What you have to do:
Going through the data below, tally every line where the string "longer" occurs, then give only the tally.
· · ·
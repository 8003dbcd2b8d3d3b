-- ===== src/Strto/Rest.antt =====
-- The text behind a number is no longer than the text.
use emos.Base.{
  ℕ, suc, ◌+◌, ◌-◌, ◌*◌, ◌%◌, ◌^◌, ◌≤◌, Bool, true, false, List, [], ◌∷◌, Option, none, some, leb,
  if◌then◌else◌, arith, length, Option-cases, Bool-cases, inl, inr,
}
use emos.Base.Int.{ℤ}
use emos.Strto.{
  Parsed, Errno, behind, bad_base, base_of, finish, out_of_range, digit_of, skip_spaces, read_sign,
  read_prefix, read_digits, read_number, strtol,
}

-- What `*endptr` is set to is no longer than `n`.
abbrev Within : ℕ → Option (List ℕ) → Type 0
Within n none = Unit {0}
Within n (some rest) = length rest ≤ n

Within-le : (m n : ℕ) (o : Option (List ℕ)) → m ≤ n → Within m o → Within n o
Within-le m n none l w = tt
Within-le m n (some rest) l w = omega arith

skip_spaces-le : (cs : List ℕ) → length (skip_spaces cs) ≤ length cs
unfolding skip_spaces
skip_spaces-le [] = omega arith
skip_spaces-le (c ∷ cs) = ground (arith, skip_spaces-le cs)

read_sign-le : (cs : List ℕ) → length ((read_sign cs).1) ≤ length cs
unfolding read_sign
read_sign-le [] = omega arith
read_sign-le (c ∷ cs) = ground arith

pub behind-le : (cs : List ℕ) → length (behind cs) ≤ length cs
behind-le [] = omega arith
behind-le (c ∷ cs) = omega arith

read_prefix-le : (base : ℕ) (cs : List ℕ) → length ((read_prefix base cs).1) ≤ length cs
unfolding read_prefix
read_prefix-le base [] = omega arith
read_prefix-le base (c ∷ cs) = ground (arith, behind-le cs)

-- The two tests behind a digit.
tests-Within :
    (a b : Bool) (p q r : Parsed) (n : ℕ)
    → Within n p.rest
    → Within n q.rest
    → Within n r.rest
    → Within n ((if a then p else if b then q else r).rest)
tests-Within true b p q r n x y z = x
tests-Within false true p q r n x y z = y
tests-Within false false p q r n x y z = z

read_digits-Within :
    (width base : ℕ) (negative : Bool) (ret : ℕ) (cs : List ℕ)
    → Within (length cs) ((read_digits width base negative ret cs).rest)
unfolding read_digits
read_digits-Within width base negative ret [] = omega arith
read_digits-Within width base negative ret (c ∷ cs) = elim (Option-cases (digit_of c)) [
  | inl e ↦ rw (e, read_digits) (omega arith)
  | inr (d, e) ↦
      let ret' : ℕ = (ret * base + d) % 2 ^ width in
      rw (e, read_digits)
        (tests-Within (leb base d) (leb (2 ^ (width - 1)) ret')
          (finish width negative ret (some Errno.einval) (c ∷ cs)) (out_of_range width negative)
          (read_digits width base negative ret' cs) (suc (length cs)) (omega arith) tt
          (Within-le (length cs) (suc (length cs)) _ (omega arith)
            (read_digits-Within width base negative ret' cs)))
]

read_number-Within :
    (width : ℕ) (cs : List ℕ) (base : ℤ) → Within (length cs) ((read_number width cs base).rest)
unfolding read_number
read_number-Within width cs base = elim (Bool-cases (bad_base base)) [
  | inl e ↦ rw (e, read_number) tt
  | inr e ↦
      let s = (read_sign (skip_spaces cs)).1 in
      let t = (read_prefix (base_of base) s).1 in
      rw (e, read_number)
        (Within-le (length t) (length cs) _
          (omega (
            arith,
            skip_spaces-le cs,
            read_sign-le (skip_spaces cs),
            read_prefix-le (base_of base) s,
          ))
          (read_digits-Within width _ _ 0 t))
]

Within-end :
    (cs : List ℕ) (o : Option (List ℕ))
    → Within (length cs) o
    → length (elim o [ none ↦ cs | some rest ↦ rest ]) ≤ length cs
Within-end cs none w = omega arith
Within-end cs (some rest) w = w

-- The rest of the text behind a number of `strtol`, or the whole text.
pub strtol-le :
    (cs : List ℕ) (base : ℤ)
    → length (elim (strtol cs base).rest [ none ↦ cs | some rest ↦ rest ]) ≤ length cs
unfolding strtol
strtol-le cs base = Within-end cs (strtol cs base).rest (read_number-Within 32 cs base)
· · ·
Completed task:
2